The Irish Credit Bureau's (ICB) chairman and another director quit on Monday at the end of a wind-up meeting, claiming the board had become "fractious" in recent years. The company's days were numbered after an Italian firm won the contract in 2015 to run the new Central Bank credit register.
Long-standing chairman Paschal Taggart alleged in an address to the liquidation meeting that ICB's shareholders – led by AIB, Bank of Ireland and Ulster Bank – failed to fight the Central Bank's awarding of the tender to Bologna-based credit and business data group CRIF because they were "petrified" of the regulator following the financial crash, according to sources who took part in the virtual event.
Non-executive director and 1 per cent shareholder Paul MacKay, a founding member of the Progressive Democrats who stands to recover a fraction of his original 2007 investment of almost €1 million, said the banks were “cowardly” in not opposing the actions of the Central Bank, the sources said.
The ICB and CRIF were the final two parties involved in the procurement process before the Central Bank awarded the Italian firm the contract in February 2015 to operate its Central Credit Register (CCR).
The Republic's international bailout overseers between 2010 and 2013 – the EU-IMF troika – had pushed for the establishment of the CCR under the aegis of the Central Bank to ensure mandatory reporting of all loans in the State of more than €500.
Defied logic
Mr Taggart, a seasoned Irish corporate boardroom operator, told the extraordinary general meeting (egm) that the Central Bank’s awarding of the contract to CRIF “defied logic” as it had “zero historical data” and it would take three to four years before their credit reports were meaningful.
“I am not shareholder, but I believe it does pose the question: had the Central Bank the right, with the stroke of a pen, to essentially take over ICB’s business for free, which had been in existence for nearly 50 years?” sources quoted Mr Taggart as saying at the meeting.
He said that ICB was worth “at least €100 million” before its functions were essentially taken over by the CCR, which outsourced operations to CRIF.
The net value of the ICB’s assets stood at €4.5 million at the end of 2020, according to its most recent set of accounts. The company had warned repeatedly in its annual financial statements in recent years that its future was “uncertain” after the CCR started collecting information and issuing credit reports to lenders in 2017.
ICB stopped providing services from October 1st, after its larger users had indicated they had intended to stop using it. It had continued to make an operating profit up until at least the end of 2020.

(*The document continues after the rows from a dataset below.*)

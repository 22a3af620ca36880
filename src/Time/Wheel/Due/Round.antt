-- ===== src/Time/Wheel/Due/Round.antt =====
-- Round by round, a timer waits or has been called.
use libev_test.Base.{
  ℕ, ◌%◌, ◌<◌, ◌≡◌, ◌≢◌, ◌⊎◌, inl, inr, refl, sym, ◌∙◌, ◌&&◌, List, [], ◌∷◌, ◌++◌, none, some, ◌==◌,
  if◌then◌else◌, ==_iff, Bool-cases, Option-cases,
}
use libev_test.Time.Wheel.{
  TimerNode, TimerMgr, NodePool, Request, Script, finish, add_timer, del_timer, file, drop_timer,
  spent,
}
use libev_test.Time.Wheel.Valid.{Placed, IsSmall, Allowed, Anything}
use libev_test.Time.Wheel.Run.{call_back, renew, fire_one, run_script}
use libev_test.Time.Wheel.Fire.{IsPending, run_script_inv}
use libev_test.Time.Wheel.Ready.{IsMid, due_now}
use libev_test.Time.Wheel.Tick.{call_back-IsOngoing, renew-IsValid}
use libev_test.Time.Wheel.Due.{
  WasCalled, WasCalled-append_old, WasCalled-append_new, IsPending-store, add-IsPending,
  del-IsPending,
}
use libev_test.Time.Wheel.Cascade.Move.{in_tick}

abbrev Whatever : Request → Type 0
Whatever r = Unit

-- The timer waits for its tick, or has been called at it.
abbrev pub IsTracked : ℕ → ℕ → TimerMgr → Type 0
IsTracked due m w = IsPending due (w.nodes m) ⊎ WasCalled m due w.calls

-- A weaker permission.
pub Allowed-map :
    {MayDel MayDel' : ℕ → Type 0} (MayAdd MayAdd' : Request → Type 0)
    → ((r : Request) → MayAdd r → MayAdd' r)
    → ((mid : ℕ) → MayDel mid → MayDel' mid)
    → (script : Script) → Allowed MayAdd MayDel script
    → Allowed MayAdd' MayDel' script
Allowed-map MayAdd MayAdd' f g finish a = tt
Allowed-map MayAdd MayAdd' f g (add_timer r to_head next) a =
    (f r a.0, λ mid. Allowed-map MayAdd MayAdd' f g (next mid) (a.1 mid))
Allowed-map MayAdd MayAdd' f g (del_timer mid next) a =
    (g mid a.0, λ done. Allowed-map MayAdd MayAdd' f g (next done) (a.1 done))

module _ (pool : NodePool) (react : ℕ → ℕ → List ℕ → Script) (due m : ℕ)
    (spares : (mid type : ℕ) (bytes : List ℕ)
      → Allowed IsSmall (λ d. d ≢ m) (react mid type bytes)) where
  pub react-Allowed :
      (mid type : ℕ) (bytes : List ℕ) → Allowed IsSmall Anything (react mid type bytes)
  react-Allowed mid type bytes =
      Allowed-map IsSmall IsSmall (λ r h. h) (λ d h. tt) (react mid type bytes)
        (spares mid type bytes)

  run_script-IsPending :
      (mid type : ℕ) (bytes : List ℕ) (w : TimerMgr)
      → IsPending due (w.nodes m)
      → IsPending due ((run_script pool (react mid type bytes) w).nodes m)
  run_script-IsPending mid type bytes w p =
      run_script_inv pool (λ w'. IsPending due (w'.nodes m)) IsSmall (λ d. d ≢ m)
        (λ r to_head w' _ p'. add-IsPending due m pool r to_head w' p')
        (λ d w' ne p'. del-IsPending due m d w' ne p') (react mid type bytes) w
        (spares mid type bytes) p

  -- The callback of another timer leaves it waiting.
  call_back-IsPending :
      (mid : ℕ) (node : TimerNode) (w : TimerMgr)
      → mid ≢ m
      → IsPending due (w.nodes m)
      → IsPending due ((call_back pool react mid node w).nodes m)
  unfolding call_back
  call_back-IsPending mid node w ne p =
      run_script-IsPending mid node.timer_type node.bytes _
        (IsPending-store due m w.nodes mid _ ne p)

  drop-IsPending :
      (list mid : ℕ) (w : TimerMgr)
      → mid ≢ m
      → IsPending due (w.nodes m)
      → IsPending due ((drop_timer list mid w).nodes m)
  unfolding drop_timer
  drop-IsPending list mid w ne p = IsPending-store due m w.nodes mid none ne p

  renew-IsPending :
      (list mid : ℕ) (node : TimerNode) (w : TimerMgr)
      → mid ≢ m
      → IsPending due (w.nodes m)
      → IsPending due ((renew list mid node w).nodes m)
  unfolding renew file
  renew-IsPending list mid node w ne p = elim (Bool-cases (spent node)) [
    | inl e ↦ rw e (drop-IsPending list mid w ne p)
    | inr e ↦ rw e (
        IsPending-store due m (drop_timer list mid w).nodes mid _ ne
          (drop-IsPending list mid w ne p))
  ]

  fire_one-IsPending :
      (list mid : ℕ) (node : TimerNode) (w : TimerMgr)
      → mid ≢ m
      → IsPending due (w.nodes m)
      → IsPending due ((fire_one pool react list mid node w).nodes m)
  unfolding fire_one
  fire_one-IsPending list mid node w ne p =
      let called = call_back pool react mid node w in
      let q = call_back-IsPending mid node w ne p in
      elim (Bool-cases (node.is_running && spent node)) [
        | inl e ↦ rw e (drop-IsPending list mid w ne p)
        | inr e ↦ elim (Option-cases (called.nodes mid)) [
          | inl gone ↦ rw (e, gone) q
          | inr (after, stays) ↦ rw (e, stays) (renew-IsPending list mid after called ne q)
        ]
      ]

  module _ (t : ℕ) (small : t < 0x8000000000000000) where
    -- What a round adds to the trace.
    fire_one-calls :
        (mid : ℕ) (node : TimerNode) (w : TimerMgr)
        → IsMid t w
        → w.nodes mid ≡ some node
        → node.lst_offset ≡ t % 256
        → (fire_one pool react (t % 256) mid node w).calls ≡ (
            if node.is_running && spent node
            then w.calls
            else w.calls ++ record { tick = t; mid = mid; due = node.expires } ∷ [])
    unfolding fire_one drop_timer
    fire_one-calls mid node w i here in_list =
        let called = call_back pool react mid node w in
        let o =
          call_back-IsOngoing pool react react-Allowed t small mid node w i.valid i.clock here in
        elim (Bool-cases (node.is_running && spent node)) [
          | inl e ↦ rw e refl
          | inr e ↦ elim (Option-cases (called.nodes mid)) [
            | inl gone ↦ absurd (rw gone at o.running)
            | inr (after, stays) ↦
                let same : after.lst_offset ≡ t % 256 = (rw stays at o.running).1 ∙ in_list in
                let r =
                  renew-IsValid pool react react-Allowed t small mid after called o.valid o.clock
                    stays in
                rw (e, stays, sym same) (r.2 ∙ o.trace)
          ]
        ]

    old_call :
        (mid : ℕ) (node : TimerNode) (w : TimerMgr)
        → IsMid t w
        → w.nodes mid ≡ some node
        → node.lst_offset ≡ t % 256
        → WasCalled m due w.calls
        → WasCalled m due (fire_one pool react (t % 256) mid node w).calls
    old_call mid node w i here in_list c =
        rw (fire_one-calls mid node w i here in_list)
          (elim (Bool-cases (node.is_running && spent node)) [
            | inl e ↦ rw e c
            | inr e ↦ rw e (WasCalled-append_old m due w.calls _ c)
          ])

    new_call :
        (node : TimerNode) (w : TimerMgr)
        → IsMid t w
        → w.nodes m ≡ some node
        → node.lst_offset ≡ t % 256
        → IsPending due (some node)
        → WasCalled m due (fire_one pool react (t % 256) m node w).calls
    new_call node w i here in_list p =
        let place : Placed (in_tick t) (some node) = rw here at (i.valid.placed m) in
        let now = due_now t node.expires (rw in_list at place.0) in
        rw (fire_one-calls m node w i here in_list, p.0)
          (WasCalled-append_new m due w.calls _ (refl, p.1, sym now ∙ p.1))

    pub fire_one-IsTracked :
        (mid : ℕ) (node : TimerNode) (w : TimerMgr)
        → IsMid t w
        → w.nodes mid ≡ some node
        → node.lst_offset ≡ t % 256
        → IsTracked due m w
        → IsTracked due m (fire_one pool react (t % 256) mid node w)
    fire_one-IsTracked mid node w i here in_list tracked = elim tracked [
      | inr c ↦ inr (old_call mid node w i here in_list c)
      | inl p ↦ elim (Bool-cases (mid == m)) [
        | inr other ↦
            inl (
              fire_one-IsPending (t % 256) mid node w (λ same. cc (other, (==_iff mid m).1 same)) p)
        | inl same ↦
            let e = (==_iff mid m).0 same in
            let here_m : w.nodes m ≡ some node = rw (sym e) here in
            rw e (inr (new_call node w i here_m in_list (rw here_m at p)))
      ]
    ]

A spokeswoman for the Central Bank declined to comment on the remarks made at the egm.
Tender
“As a public body, the Central Bank is obliged to follow relevant public procurement rules including publication of the tender documents. Following the procurement process, CRIF Ireland Ltd, a wholly owned subsidiary of CRIF SpA, were awarded the contract based on the most economically advantageous tender received,” she said.
Former ICB chief executive Mary Leonard – who resigned at the end of last year as the company prepared to be put into voluntary liquidation – spokesmen for AIB and Bank of Ireland and a spokeswoman for Ulster Bank, all of whom have representatives on ICB's board, declined to comment on the remarks made at the egm.
Luke Charleton and Colin Farquharson of EY were appointed as liquidators of ICB at Monday's meeting.
Meanwhile, sources said that ICB recently agreed to sell its premises and wider site in Clonskeagh, Dublin 14, for more than €2 million to University College Dublin, whose campus adjoins the property. The sale is expected to be completed by the liquidators in the coming months.